What is required:
The answer must consist only of the lines from the line with "kept_step i f" to the line with "live ≡ true", both included, exactly as they stand below.

----- Extracted data

-- ===== src/Liveness/Sound.antt =====
-- The liveness analysis of src/passes/LivenessAnalysisPass.hpp against a machine: what is not live does
-- not matter, and instructions without liveness data can go.
use drob.Prelude.{
  ℕ, ◌≡◌, ◌⊎◌, inl, inr, refl, sym, ap, ◌∙◌, subst, Bool, true, false, not, ◌&&◌, if_cases, Option,
  List, [], ◌∷◌,
}
use drob.Predicate.{TriState, tri_true, tri_false, tri_unknown}
use drob.Liveness.{
  Mask, Instruction, LivenessData, ControlFlow, other, ret, effects, execution_of, transfer,
  is_dead, is_other, equal_mask, sub_mask, process_instruction, process_instructions, keep_live,
}
use drob.Liveness.Machine.{
  Exit, goes_on, returns, leaves, to_block, State, Agree, Exec, Respects, Allowed, IsExecuted,
  inputs, live_at, continue, run_block,
}
use drob.Liveness.Masks.{
  equal_mask-bit, and_left, and_right, or_left, transfer-covers, transfer-reads,
}

Agree-sub :
    {V M : Type 0} {bits : ℕ} {a b : Mask} {s t : State V M}
    → Agree bits a s t
    → ((r : ℕ) → b r ≡ true → a r ≡ true)
    → Agree bits b s t
Agree-sub h k = record { reg = λ r le e. h.reg r le (k r e); mem = h.mem }

IsExecuted-cases : (will : TriState) → IsExecuted will ⊎ (will ≡ tri_false)
IsExecuted-cases tri_true = inl tt
IsExecuted-cases tri_unknown = inl tt
IsExecuted-cases tri_false = inr refl

other_goes_on :
    (flow : ControlFlow) (x : Exit) → is_other flow ≡ true → Allowed flow x → x ≡ goes_on
other_goes_on other goes_on h a = refl
other_goes_on other returns h a = elim a [ ]
other_goes_on other leaves h a = elim a [ ]
other_goes_on other (to_block b) h a = elim a [ ]
other_goes_on _ x h a = cc

-- A live bit that is still set was not taken out.
unwritten : (l w c : Bool) → ((l && not w) && not c) ≡ l → l ≡ true → (w ≡ false) × (c ≡ false)
unwritten true false false e h = (refl, refl)
unwritten true true c e h = cc
unwritten true false true e h = cc
unwritten false w c e h = cc

not-true : (b : Bool) → not b ≡ true → b ≡ false
not-true true h = cc
not-true false h = refl

module _ {V M : Type 0} (bits : ℕ) (live_ret : Mask) (blocks : ℕ → Option LivenessData) where
  -- Two runs that go to the same place, with the same in what is live there.
  unfoldable pub Sim : Mask → Exit × State V M → Exit × State V M → Type 0
  Sim live a b = (a.0 ≡ b.0) × Agree bits (live_at live_ret blocks live a.0) a.1 b.1

  -- An instruction does what its masks say, and a return reads nothing that is not live behind it.
  unfoldable pub IsSound : Instruction → (State V M → Exit × State V M) → Type 0
  IsSound i f =
      Respects bits i f
      × ((r : ℕ) → i.flow ≡ ret → (effects i).read_regs r ≡ true → live_ret r ≡ true)

  kept_executed :
      (i : Instruction) (f : State V M → Exit × State V M) (live : Mask) (s t : State V M)
      → IsSound i f
      → IsExecuted (execution_of i)
      → Agree bits (transfer live_ret blocks i live) s t
      → Sim live (f s) (f t)
  unfolding Sim IsSound
  kept_executed i f live s t (ok, reads) k h =
      let all : Agree bits (inputs (execution_of i) (effects i)) s t =
        Agree-sub h (λ r e. transfer-reads live_ret blocks i (execution_of i) live r (reads r) e) in
      (
        ok.exit s t all,
        record {
          reg = λ r le e.
              ok.result s t all r le
                (elim (transfer-covers live_ret blocks i (f s).0 live r (ok.allowed s k) k e) [
                  | inl live_in ↦ inl (h.reg r le live_in)
                  | inr w ↦ inr w
                ]);
          mem = ok.result_mem s t all;
        },
      )

  kept_skipped :
      (i : Instruction) (f : State V M → Exit × State V M) (live : Mask) (s t : State V M)
      → IsSound i f
      → execution_of i ≡ tri_false
      → Agree bits (transfer live_ret blocks i live) s t
      → Sim live (f s) (f t)
  unfolding Sim IsSound
  kept_skipped i f live s t (ok, reads) e h =
      rw (ok.skipped s e, ok.skipped t e)
        (refl, Agree-sub h (λ r l. rw e (or_left (live r) ((effects i).predicate_regs r) l)))

  kept_step :
      (i : Instruction) (f : State V M → Exit × State V M) (live : Mask) (s t : State V M)
      → IsSound i f
      → Agree bits (transfer live_ret blocks i live) s t
      → Sim live (f s) (f t)
  kept_step i f live s t ok h = elim (IsExecuted-cases (execution_of i)) [
    | inl k ↦ kept_executed i f live s t ok k h
    | inr e ↦ kept_skipped i f live s t ok e h
  ]

  -- A dead instruction changes nothing that is live.
  dead_step :
      (i : Instruction) (f : State V M → Exit × State V M) (live : Mask) (s : State V M)
      → IsSound i f
      → is_dead bits i live ≡ true
      → Sim live (f s) (goes_on, s)
  unfolding Sim IsSound
  dead_step i f live s (ok, reads) h =
      let e = effects i in
      let kept =
        equal_mask bits (sub_mask (sub_mask live e.written_regs) e.cond_written_regs) live in
      let rest = and_right (is_other i.flow) (not e.may_write_mem && kept) h in
      let plain = and_left (is_other i.flow) (not e.may_write_mem && kept) h in
      let exit : (f s).0 ≡ goes_on = elim (IsExecuted-cases (execution_of i)) [
        | inl k ↦ other_goes_on i.flow (f s).0 plain (ok.allowed s k)
        | inr skip ↦ ap (λ (o : Exit × State V M). o.0) (ok.skipped s skip)
      ] in
      let agree : Agree bits live (f s).1 s = record {
        reg = λ r le l.
            let w =
              unwritten (live r) (e.written_regs r) (e.cond_written_regs r)
                (equal_mask-bit bits _ live (and_right (not e.may_write_mem) kept rest) r le) l in
            ok.frame s r le w.0 w.1;
        mem = ok.frame_mem s (not-true e.may_write_mem (and_left (not e.may_write_mem) kept rest));
      } in
      (
        exit,
        subst (λ (x : Exit). Agree bits (live_at live_ret blocks live x) (f s).1 s) (sym exit)
            agree,
      )

  -- The same exit, and the same is live there, whatever comes behind.
  continue-Sim :
      (m live : Mask) (a b : Exit × State V M) (k l : State V M → Exit × State V M)
      → Sim m a b
      → ((s t : State V M) → Agree bits m s t → Sim live (k s) (l t))
      → Sim live (continue a k) (continue b l)
  unfolding Sim
  continue-Sim m live (goes_on, s) (y, t) k l (e, h) next = rw (← e) (next s t h)
  continue-Sim m live (returns, s) (y, t) k l (e, h) next = rw (← e) (refl, h)
  continue-Sim m live (leaves, s) (y, t) k l (e, h) next = rw (← e) (refl, h)
  continue-Sim m live (to_block b, s) (y, t) k l (e, h) next = rw (← e) (refl, h)

  -- Of each instruction of a block.
  unfoldable pub AllSound : Exec V M → List Instruction → Type 0
  AllSound exec [] = Unit
  AllSound exec (i ∷ is) = IsSound i (exec i) × AllSound exec is

  go_on : (live : Mask) (s t : State V M) → Agree bits live s t → Sim live (goes_on, s) (goes_on, t)
  unfolding Sim
  go_on live s t h = (refl, h)

  after_dead :
      (m live : Mask) (a b : Exit × State V M) (s t : State V M) (k : State V M → Exit × State V M)
      → Sim m a (goes_on, s)
      → Agree bits m s t
      → ((s' : State V M) → Agree bits m s' t → Sim live (k s') b)
      → Sim live (continue a k) b
  unfolding Sim
  after_dead m live (goes_on, s') b s t k (e, h) g next =
      next s' (record { reg = λ r le l. h.reg r le l ∙ g.reg r le l; mem = h.mem ∙ g.mem })
  after_dead m live (returns, s') b s t k (e, h) g next = cc
  after_dead m live (leaves, s') b s t k (e, h) g next = cc
  after_dead m live (to_block d, s') b s t k (e, h) g next = cc

  -- A block and what is left of it without the instructions that have no liveness data.
  pub run_block-Sim :
      (exec : Exec V M) (is : List Instruction) (live : Mask) (s t : State V M)
      → AllSound exec is
      → let r = process_instructions bits live_ret blocks is live in
        Agree bits r.1 s t → Sim live (run_block exec is s) (run_block exec (keep_live is r.0) t)
  unfolding process_instructions process_instruction keep_live run_block AllSound
  run_block-Sim exec [] live s t ok h = go_on live s t h
  run_block-Sim exec (i ∷ is) live s t (ok, oks) h =
      let r = process_instructions bits live_ret blocks is live in
      let k = run_block exec is in
      if_cases
        (λ (p : Option LivenessData × Mask).
          Agree bits p.1 s t
          → Sim live (continue (exec i s) k) (run_block exec (keep_live (i ∷ is) (p.0 ∷ r.0)) t))
        (is_dead bits i r.1)
        (λ dead h'.
          after_dead r.1 live (exec i s) _ s t k (dead_step i (exec i) r.1 s ok dead) h'
            (λ s' h''. run_block-Sim exec is live s' t oks h''))
        (λ kept h'.
          continue-Sim r.1 live (exec i s) (exec i t) k _ (kept_step i (exec i) r.1 s t ok h')
            (λ s' t' h''. run_block-Sim exec is live s' t' oks h''))
        h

----------

Exercise solution:
  kept_step i f live s t ok h = elim (IsExecuted-cases (execution_of i)) [
    | inl k ↦ kept_executed i f live s t ok k h
    | inr e ↦ kept_skipped i f live s t ok e h
  ]

  -- A dead instruction changes nothing that is live.
  dead_step :
      (i : Instruction) (f : State V M → Exit × State V M) (live : Mask) (s : State V M)
      → IsSound i f
      → is_dead bits i live ≡ true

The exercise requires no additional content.